Anak dengan spasme bronkus setelah hampir tenggelam dapat
diberikan preparat bronkodilator. Jika dicurigai adanya benda asing maka
indikasi untuk dilakukan bronkoskopi. Pemberian diuretik dapat bermanfaat
pada penderita dengan edema paru dengan keadaan kardiovaskuler yang stabil.
Penggunaan rutin kortikosteroid untuk cedera paru pada penderita
hampir tenggelam tidak dianjurkan. Antibiotika profilaksis tidak dianjurkan
pada penderita hampir tenggelam kecuali bila penderita diketahui teraspirasi
dengan air yang terkontaminasi.

Penanganan Kardiovaskuler
Harus dilakukan monitor EKG berkelanjutan untuk mendeteksi aritmia
Sering diperlukan resusitasi cairan dan obat inotropik untuk memperbaiki
fungsi miokardium dan mengembalikan perfusi jaringan. Pemberian cairan
yang berlebihan terutama bila terdapat penurunan fungsi miokardium dapat
memperburuk edema paru dan hipoksemia, masalah ini dapat dihindari dengan
monitor tekanan vena sentralis. Ekokardiografi dan pemasangan kateter arteri
pulmonal dapat juga membantu penanganan klinis pada penderita disfungsi
miokardium.

Tindakan Penghangatan
Perhatian terhadap hipotermia sangatlah penting yaitu dalam hal
tindakan menghangatkan kembali korban maupun mencegah konsekuensi
makin memburuknya hipotermia. Upaya penghangatan harus segera dimulai

8
ditempat kejadian. Semua pakaian lembab dilepas, kulit dikeringkan, tubuh
dibungkus selimut hangat dan segera mungkin dibawa ke lingkungan yang
hangat. Jika mungkin, berikan cairan intravena yang sudah dihangatkan (40 –
43 0C) dan oksigen yang sudah dilembabkan (42 – 46 0C).

Penanganan Neurologis
Terapi ini ada 3 aspek yang penting yaitu penanganan umum, monitor
tekanan intrakranial dan resusitasi otak.
Perfusi yang adekuat harus dijamin seperti halnya bantuan oksigen dan
ventilasi yang diperlukan pada sistem kardiovaskuler. Pada umumnya
pembatasan cairan diperlukan untuk mengurangi edema serebral dan
mengantisipasi sekresi hormon anti diuretik.

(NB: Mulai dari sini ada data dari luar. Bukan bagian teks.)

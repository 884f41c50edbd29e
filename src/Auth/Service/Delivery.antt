-- ===== src/Auth/Service/Delivery.antt =====
-- One-time codes that could not be delivered, in src/auth/authentication.service.ts.
use public_parks.Auth.Otp.{
  NewChallenge, PresentedCode, create_otp_challenge, mark_otp_delivery_failed,
  consume_otp_challenge, challenge_has_id, pending_for, invalidated_challenge, new_challenge,
}
use public_parks.Auth.Otp.Outcomes.{consume-refused}
use public_parks.Auth.Digests.{hash_sensitive_lookup}
use public_parks.Auth.RateLimits.{assert_cooldown, assert_within_limit}
use public_parks.Auth.Service.{
  key_for, AuthState, AuthServices, Draws, create_challenge, otp_limits, otp_input, delivered,
  padded_code, sms_unavailable,
}
use public_parks.Auth.Tables.{OtpChallenge, AuthStore, Fresh, is_pending}
use public_parks.Database.{ok, err, find?, update_where, any-update_where}
use public_parks.Database.Results.{Result-cases}
use public_parks.Errors.{Exception, authentication_failed}
use public_parks.Prelude.{
  ℕ, String, ◌≡◌, refl, sym, ap, ◌∙◌, subst, inl, inr, Bool, false, none, some, List, [], ◌∷◌,
  arith, eq_refl, Bool-cases, any,
}

none_found :
    (p : OtpChallenge → Bool) (rows : List OtpChallenge) → any p rows ≡ false → find? p rows ≡ none
none_found p [] h = refl
none_found p (r ∷ rows) h = elim (Bool-cases (p r)) [
  | inl hit ↦ absurd (cc (rw hit at h))
  | inr miss ↦ rw miss (none_found p rows (rw miss at h))
]

-- No challenge of the id can be used.
abbrev pub IsClosed : String → AuthStore → Type 0
IsClosed id s =
    (c : OtpChallenge)
    → find? (challenge_has_id id) s.otp_challenges ≡ some c
    → is_pending c.challenge_status ≡ false

module _ (a : AuthServices) (draws : Draws) where
  absent-IsClosed :
      (id : String) (s : AuthStore)
      → any (challenge_has_id id) s.otp_challenges ≡ false
      → IsClosed id s
  absent-IsClosed id s h c found =
      absurd (cc (none_found (challenge_has_id id) s.otp_challenges h, found))

  otp_limits_store :
      (phone_number request_ip : String) (s : AuthState)
      → (otp_limits a draws phone_number request_ip s).1.store ≡ s.store
  unfolding otp_limits
  otp_limits_store phone_number request_ip s =
      let hashes = a.mfa_services.hashes in
      let now = draws.fresh.now in
      let cooldown =
        assert_cooldown (key_for "otp:cooldown:" (hash_sensitive_lookup hashes phone_number)) 60 now
          s.redis in
      let counted =
        assert_within_limit (key_for "otp:phone:" (hash_sensitive_lookup hashes phone_number)) 3 900
          now cooldown.1 in
      elim (Result-cases cooldown.0) [
        | inr (e, early) ↦ rw early
        | inl (tt, passed) ↦ elim (Result-cases counted.0) [
          | inr (e, many) ↦ rw (passed, many)
          | inl (tt, few) ↦ rw (passed, few)
        ]
      ]

  created_rows :
      (input : NewChallenge) (now : ℕ) (s : AuthStore)
      → any (challenge_has_id input.challenge_id) s.otp_challenges ≡ false
      → (create_otp_challenge input now s).1.otp_challenges
        ≡ new_challenge input
          ∷ update_where
              (pending_for input.phone_number)
              (invalidated_challenge now)
              s.otp_challenges
  unfolding create_otp_challenge
  created_rows input now s free =
      let fresh =
        any-update_where (challenge_has_id input.challenge_id) (pending_for input.phone_number)
          (invalidated_challenge now) (λ r. refl) s.otp_challenges in
      ground (arith, fresh, free)

  -- The row of a new challenge, once its delivery has failed.
  marked-IsClosed :
      (input : NewChallenge) (rows : List OtpChallenge) (s : AuthStore)
      → s.otp_challenges ≡ new_challenge input ∷ rows
      → IsClosed input.challenge_id (mark_otp_delivery_failed input.challenge_id s)
  unfolding mark_otp_delivery_failed
  marked-IsClosed input rows s e c found =
      let same = eq_refl input.challenge_id in ground (arith, same, rw (e, same) at found)

  created_ok :
      (input : NewChallenge) (now : ℕ) (s : AuthStore)
      → any (challenge_has_id input.challenge_id) s.otp_challenges ≡ false
      → (create_otp_challenge input now s).0 ≡ ok tt
  unfolding create_otp_challenge
  created_ok input now s free =
      let fresh =
        any-update_where (challenge_has_id input.challenge_id) (pending_for input.phone_number)
          (invalidated_challenge now) (λ r. refl) s.otp_challenges in
      ground (arith, fresh, free)

  closed-refused :
      (fresh : Fresh) (input : PresentedCode) (id : String) (s : AuthStore)
      → input.challenge_id ≡ id
      → IsClosed id s
      → consume_otp_challenge a.mfa_services.hashes fresh input s ≡ (err authentication_failed, s)
  closed-refused fresh input id s same closed =
      consume-refused a.mfa_services.hashes fresh input s
        (λ c found. let spent = closed c (rw same at found) in rw spent)

  -- Past its limits, with a uuid that is free, a call whose delivery fails.
  create_challenge-failed :
      (phone_number request_ip : String) (s : AuthState) (e : Exception)
      → (otp_limits a draws phone_number request_ip s).0 ≡ ok tt
      → (create_otp_challenge
          (otp_input a draws phone_number)
          draws.fresh.now
          (otp_limits a draws phone_number request_ip s).1.store).0
        ≡ ok tt
      → a.deliver draws.challenge_uuid phone_number (padded_code draws.random_int) ≡ err e
      → ((create_challenge a draws phone_number request_ip s).0 ≡ err sms_unavailable)
        × ((create_challenge a draws phone_number request_ip s).1.store
            ≡ mark_otp_delivery_failed draws.challenge_uuid
                (create_otp_challenge
                  (otp_input a draws phone_number)
                  draws.fresh.now
                  (otp_limits a draws phone_number request_ip s).1.store).1)
  unfolding create_challenge delivered
  create_challenge-failed phone_number request_ip s e allowed made failed =
      (ground (arith, allowed, made, failed), ground (arith, allowed, made, failed))

  create_challenge-limited :
      (phone_number request_ip : String) (s : AuthState) (e : Exception)
      → (otp_limits a draws phone_number request_ip s).0 ≡ err e
      → ((create_challenge a draws phone_number request_ip s).0 ≡ err e)
        × ((create_challenge a draws phone_number request_ip s).1
            ≡ (otp_limits a draws phone_number request_ip s).1)
  unfolding create_challenge
  create_challenge-limited phone_number request_ip s e limited =
      (ground (arith, limited), ground (arith, limited))

  undelivered :
      (phone_number request_ip : String) (s : AuthState) (e : Exception)
      → a.deliver draws.challenge_uuid phone_number (padded_code draws.random_int) ≡ err e
      → any (challenge_has_id draws.challenge_uuid) s.store.otp_challenges ≡ false
      → ((f : Exception) × ((create_challenge a draws phone_number request_ip s).0 ≡ err f))
        × IsClosed draws.challenge_uuid (create_challenge a draws phone_number request_ip s).1.store
  unfolding otp_input
  undelivered phone_number request_ip s e failed free =
      let limits = otp_limits a draws phone_number request_ip s in
      let same : limits.1.store ≡ s.store = otp_limits_store phone_number request_ip s in
      let still : any (challenge_has_id draws.challenge_uuid) limits.1.store.otp_challenges
          ≡ false =
        ap (λ t. any (challenge_has_id draws.challenge_uuid) t.otp_challenges) same ∙ free in
      elim (Result-cases limits.0) [
        | inr (f, limited) ↦
            let out = create_challenge-limited phone_number request_ip s f limited in
            (
              (f, out.0),
              subst (λ (t : AuthState). IsClosed draws.challenge_uuid t.store) (sym out.1)
                  (absent-IsClosed draws.challenge_uuid limits.1.store still),
            )
        | inl (tt, allowed) ↦
            let input = otp_input a draws phone_number in
            let made = created_ok input draws.fresh.now limits.1.store still in
            let rows = created_rows input draws.fresh.now limits.1.store still in
            let out = create_challenge-failed phone_number request_ip s e allowed made failed in
            (
              (sms_unavailable, out.0),
              subst (IsClosed draws.challenge_uuid) (sym out.1) (
                  marked-IsClosed input _
                    (create_otp_challenge input draws.fresh.now limits.1.store).1 rows),
            )
      ]

  -- If the delivery of a code fails, `createOtpChallenge` throws, and the code can never be used:
  -- any consumption of the challenge in the state that is left fails and changes nothing. The
  -- challenge's uuid is not yet that of another challenge.
  pub create_challenge-undelivered :
      (phone_number request_ip : String) (s : AuthState) (e : Exception)
      → a.deliver draws.challenge_uuid phone_number (padded_code draws.random_int) ≡ err e
      → any (challenge_has_id draws.challenge_uuid) s.store.otp_challenges ≡ false
      → ((f : Exception) × ((create_challenge a draws phone_number request_ip s).0 ≡ err f))
        × ((fresh : Fresh) (input : PresentedCode)
            → input.challenge_id ≡ draws.challenge_uuid
            → consume_otp_challenge a.mfa_services.hashes fresh input
                (create_challenge a draws phone_number request_ip s).1.store
              ≡ (
                err authentication_failed,
                (create_challenge a draws phone_number request_ip s).1.store,
              ))
  create_challenge-undelivered phone_number request_ip s e failed free =
      let out = undelivered phone_number request_ip s e failed free in
      (
        out.0,
        λ fresh input same.
            closed-refused fresh input draws.challenge_uuid
              (create_challenge a draws phone_number request_ip s).1.store same out.1,
      )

Penanganan Susunan Syaraf Pusat


Penanganan SSP akibat hampir tenggelam bertujuan untuk mencegah
trauma sekunder. Perfusi otak harus adekuat disertai dengan tunjangan
oksigenasi, ventilasi serta kardiovaskuler yang baik. Hipotermia, kejang dan
demam perlu diatasi. Penanganan Hyper (hyperhidration, hyperpyrexia,
hyperexitability, hyperrigidity) untuk menanggulangi edema otak atau
peningkatan tekanan intrakranial pada penderita koma yang tenggelam dengan
diuretika, kortikosteroid sistemik, hiperventilasi, sedasi seperti barbiturat,
pelumpuh otot dan hipotermi masih kontroversial. Walaupun tekanan
intrakranial bisa dikendalikan tetapi tidak ada bukti adanya perbaikan hasil dari
trauma iskemia.
Penanganan peningkatan tekanan intrakranial yang saat ini umum
digunakan adalah intervensi yang lebih ringan berupa posisi kepala ditinggikan,
hiperventilasi serta diuretika dan restriksi cairan sesuai keadaan. Kortikosteroid
sampai saat ini masih kontroversial.